▶ **Description of the task**
From the listing below, work out how many lines contain "value"; the answer is that number and nothing more.

▶ **Records shown**
== Segment start ==

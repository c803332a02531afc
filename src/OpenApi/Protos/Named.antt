-- ===== src/OpenApi/Protos/Named.antt =====
-- openapi/protoschema.go: what a message is documented as.
use grpc_composition.Common.{
  ℕ, zero, suc, ◌<◌, ◌≡◌, refl, sym, ap, inl, inr, Bool, false, ◌||◌, List, [], ◌∷◌, none, some,
  arith, Text, if◌then◌else◌, text_eq, text_eq_iff, Bool-cases, lookup, Any,
}
use mathlib.Core.Option.{some-injective}
use grpc_composition.Host.{Host}
use grpc_composition.OpenApi.Schema.{
  Schema, Properties, no_properties, property, set_property, object_schema, well_known_schema,
}
use grpc_composition.OpenApi.Components.{Schemas, Step, reference, IsClosed}
use grpc_composition.OpenApi.Components.Outcomes.{missing, SchemaOk}
use grpc_composition.OpenApi.Components.Steps.{bind_step-returned, component-made}
use grpc_composition.OpenApi.Protos.{
  Protoreflect, field_schema, add_fields, message_schema, message_ref,
}
use grpc_composition.OpenApi.Protos.Runs.{message_ref-runs}

-- Whether an object schema has a property of this name.
abbrev pub has_property : Properties → Text → Bool
has_property no_properties n = false
has_property (property k _ rest) n = text_eq k n || has_property rest n

has_property-set_property :
    (name : Text) (s : Schema) (props : Properties) (n : Text)
    → has_property (set_property name s props) n ≡ (text_eq name n || has_property props n)
unfolding set_property
has_property-set_property name s no_properties n = refl
has_property-set_property name s (property k t rest) n = elim (Bool-cases (text_eq k name)) [
  | inl e ↦ rw (set_property, e, (text_eq_iff k name).0 e) (ground arith)
  | inr e ↦ rw (set_property, e, has_property-set_property name s rest n) (ground arith)
]

module _ {H : Host} (R : Protoreflect H) (opts : H.MarshalOptions) where
  -- Whether one of the fields has this name in JSON.
  abbrev pub has_field : List R.FieldDescriptor → Text → Bool
  has_field [] n = false
  has_field (fd ∷ fds) n =
      text_eq (if R.use_proto_names opts then R.text_name fd else R.json_name fd) n
      || has_field fds n

  module _ (call : R.MessageDescriptor → Step Schema) where
    has_property-add_fields :
        (fds : List R.FieldDescriptor) (props props' : Properties) (st st' : Schemas) (n : Text)
        → add_fields R opts call fds props st ≡ some (props', st')
        → has_property props' n ≡ (has_property props n || has_field fds n)
    unfolding add_fields
    has_property-add_fields [] props props' st st' n e =
        rw (← ap (λ x. x.0) (some-injective _ _ e)) (ground arith)
    has_property-add_fields (fd ∷ fds) props props' st st' n e =
        let (s, st1, first, rest) =
          bind_step-returned (field_schema R opts call fd) _ st st' props' e in
        rw (has_property-add_fields fds _ props' st1 st' n rest, has_property-set_property)
          (ground arith)

    pub message_schema-properties :
        (md : R.MessageDescriptor) (st st' : Schemas) (s : Schema)
        → message_schema R opts call md st ≡ some (s, st')
        → (props : Properties) × (s ≡ object_schema props)
          × ((n : Text) → has_property props n ≡ has_field (R.fields md) n)
    unfolding message_schema
    message_schema-properties md st st' s e =
        let (props, st1, all, rest) =
          bind_step-returned (add_fields R opts call (R.fields md) no_properties) _ st st' s e in
        (
          props,
          sym (ap (λ x. x.0) (some-injective _ _ rest)),
          λ n. has_property-add_fields (R.fields md) no_properties props st st1 n all,
        )

  message_ref-made :
      (fuel : ℕ) (md : R.MessageDescriptor) (st st' : Schemas) (v : Schema)
      → well_known_schema (R.full_name md) ≡ none
      → lookup (R.full_name md) st ≡ none
      → message_ref R opts fuel md st ≡ some (v, st')
      → (props : Properties) × (v ≡ reference (R.full_name md))
        × (lookup (R.full_name md) st' ≡ some (object_schema props))
        × ((n : Text) → has_property props n ≡ has_field (R.fields md) n)
  unfolding message_ref
  message_ref-made zero md st st' v ordinary fresh e = cc
  message_ref-made (suc fuel) md st st' v ordinary fresh e =
      let (s, st1, made, same, there, _) =
        component-made (R.full_name md) (message_schema R opts (message_ref R opts fuel) md) st st'
          v fresh (rw (message_ref, ordinary) at e) in
      let (props, is, keys) = message_schema-properties (message_ref R opts fuel) md _ st1 s made in
      (props, same, rw is at there, keys)

  module _ (names : List Text)
      (listed : (md : R.MessageDescriptor) → Any (λ n. n ≡ R.full_name md) names) (fuel : ℕ)
      (md : R.MessageDescriptor) (st : Schemas) (closed : IsClosed st)
      (room : missing names st < fuel) where
    -- `messageRef` on a message that is not well-known and not yet in a closed table, with more fuel
    -- than there are names to come, returns a reference to the message's full name. The table then
    -- has under this name an object whose references all resolve, and which has a property of some
    -- name exactly if the message has a field whose name, in the spelling that the marshal options
    -- ask for, is this name.
    message_ref-registers :
        (n : Text)
        → well_known_schema (R.full_name md) ≡ none
        → lookup (R.full_name md) st ≡ none
        → (st' : Schemas) × (props : Properties) × (message_ref R opts fuel md st
            ≡ some (reference (R.full_name md), st'))
          × (lookup (R.full_name md) st' ≡ some (object_schema props))
          × SchemaOk st' (object_schema props)
          × (has_property props n ≡ has_field (R.fields md) n)
    message_ref-registers n ordinary fresh =
        let o = message_ref-runs R opts names listed fuel md st closed room in
        let (props, same, there, keys) =
          message_ref-made fuel md st o.table o.value ordinary fresh o.returns in
        (
          o.table,
          props,
          rw same at o.returns,
          there,
          o.closed (R.full_name md) (object_schema props) there,
          keys n,
        )
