-- ===== src/Route/Settings.antt =====
-- The setters of the package: what a sequence of calls of them puts in force.
use grpc_composition.Common.{
  ◌≡◌, refl, sym, ap, ◌∙◌, inl, inr, List, [], ◌∷◌, Option, none, some, Option-cases, last_some,
  or_else,
}
use grpc_composition.Std.Strconv.{ℤ}
use grpc_composition.Host.{Host, ErrorMapper}
use grpc_composition.Errors.{rfc7807_mapper}
use grpc_composition.Globals.{
  Globals, PathExtractor, set_default_path_extractor, set_default_marshal_options,
  set_default_error_mapper, set_default_max_body_bytes,
}

-- A call of a setter of the package.
pub data Setting (H : Host) : Type 0 where
  sets_path_extractor : Option (PathExtractor H) → Setting H
  sets_marshal_options : H.MarshalOptions → Setting H
  sets_error_mapper : Option (ErrorMapper H) → Setting H
  sets_max_body_bytes : ℤ → Setting H

-- A later value in force hides an earlier one.
pub or_else-last_some {ℓ κ} :
    {A : Type ℓ} {B : Type κ} (f : A → Option B) (x : A) (xs : List A) (b : B)
    → or_else (last_some f (x ∷ xs)) b ≡ or_else (last_some f xs) (or_else (f x) b)
or_else-last_some f x xs b = elim (Option-cases (last_some f xs)) [
  | inl e ↦ rw e refl
  | inr (c, e) ↦ rw e refl
]

module _ (H : Host) where
  -- The setters, called in their order.
  abbrev pub apply_setting : Setting H → Globals H → Globals H
  apply_setting (sets_path_extractor e) g = set_default_path_extractor H e g
  apply_setting (sets_marshal_options o) g = set_default_marshal_options H o g
  apply_setting (sets_error_mapper fn) g = set_default_error_mapper H fn g
  apply_setting (sets_max_body_bytes n) g = set_default_max_body_bytes H n g

  abbrev pub apply_settings : List (Setting H) → Globals H → Globals H
  apply_settings [] g = g
  apply_settings (x ∷ xs) g = apply_settings xs (apply_setting x g)

  -- What one setter puts in force, if it is about it; nil stands for the built-in mapper.
  abbrev pub marshal_setting : Setting H → Option H.MarshalOptions
  marshal_setting (sets_marshal_options o) = some o
  marshal_setting _ = none

  abbrev pub mapper_setting : Setting H → Option (ErrorMapper H)
  mapper_setting (sets_error_mapper fn) = some (or_else fn (rfc7807_mapper H))
  mapper_setting _ = none

  pub record Sets (xs : List (Setting H)) (g g' : Globals H) : Type 0 where
    pub marshal_lem : g'.marshal ≡ or_else (last_some marshal_setting xs) g.marshal
    pub mapper_lem : g'.error_mapper ≡ or_else (last_some mapper_setting xs) g.error_mapper

  apply_setting-Sets : (x : Setting H) (g : Globals H) → Sets (x ∷ []) g (apply_setting x g)
  unfolding set_default_path_extractor set_default_marshal_options set_default_error_mapper
      set_default_max_body_bytes
  apply_setting-Sets (sets_path_extractor none) g = record { marshal_lem = refl; mapper_lem = refl }
  apply_setting-Sets (sets_path_extractor (some e)) g = record {
    marshal_lem = refl;
    mapper_lem = refl;
  }
  apply_setting-Sets (sets_marshal_options o) g = record { marshal_lem = refl; mapper_lem = refl }
  apply_setting-Sets (sets_error_mapper none) g = record { marshal_lem = refl; mapper_lem = refl }
  apply_setting-Sets (sets_error_mapper (some fn)) g = record {
    marshal_lem = refl;
    mapper_lem = refl;
  }
  apply_setting-Sets (sets_max_body_bytes n) g = record { marshal_lem = refl; mapper_lem = refl }

  pub apply_settings-Sets :
      (xs : List (Setting H)) (g : Globals H) → Sets xs g (apply_settings xs g)
  apply_settings-Sets [] g = record { marshal_lem = refl; mapper_lem = refl }
  apply_settings-Sets (x ∷ xs) g =
      let one = apply_setting-Sets x g in
      let rest = apply_settings-Sets xs (apply_setting x g) in
      record {
        marshal_lem =
            rest.marshal_lem
            ∙ (ap (or_else (last_some marshal_setting xs)) one.marshal_lem
                ∙ sym (or_else-last_some marshal_setting x xs g.marshal));
        mapper_lem =
            rest.mapper_lem
            ∙ (ap (or_else (last_some mapper_setting xs)) one.mapper_lem
                ∙ sym (or_else-last_some mapper_setting x xs g.error_mapper));
      }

== Segment end ==

▶ **Output of the exercise**
2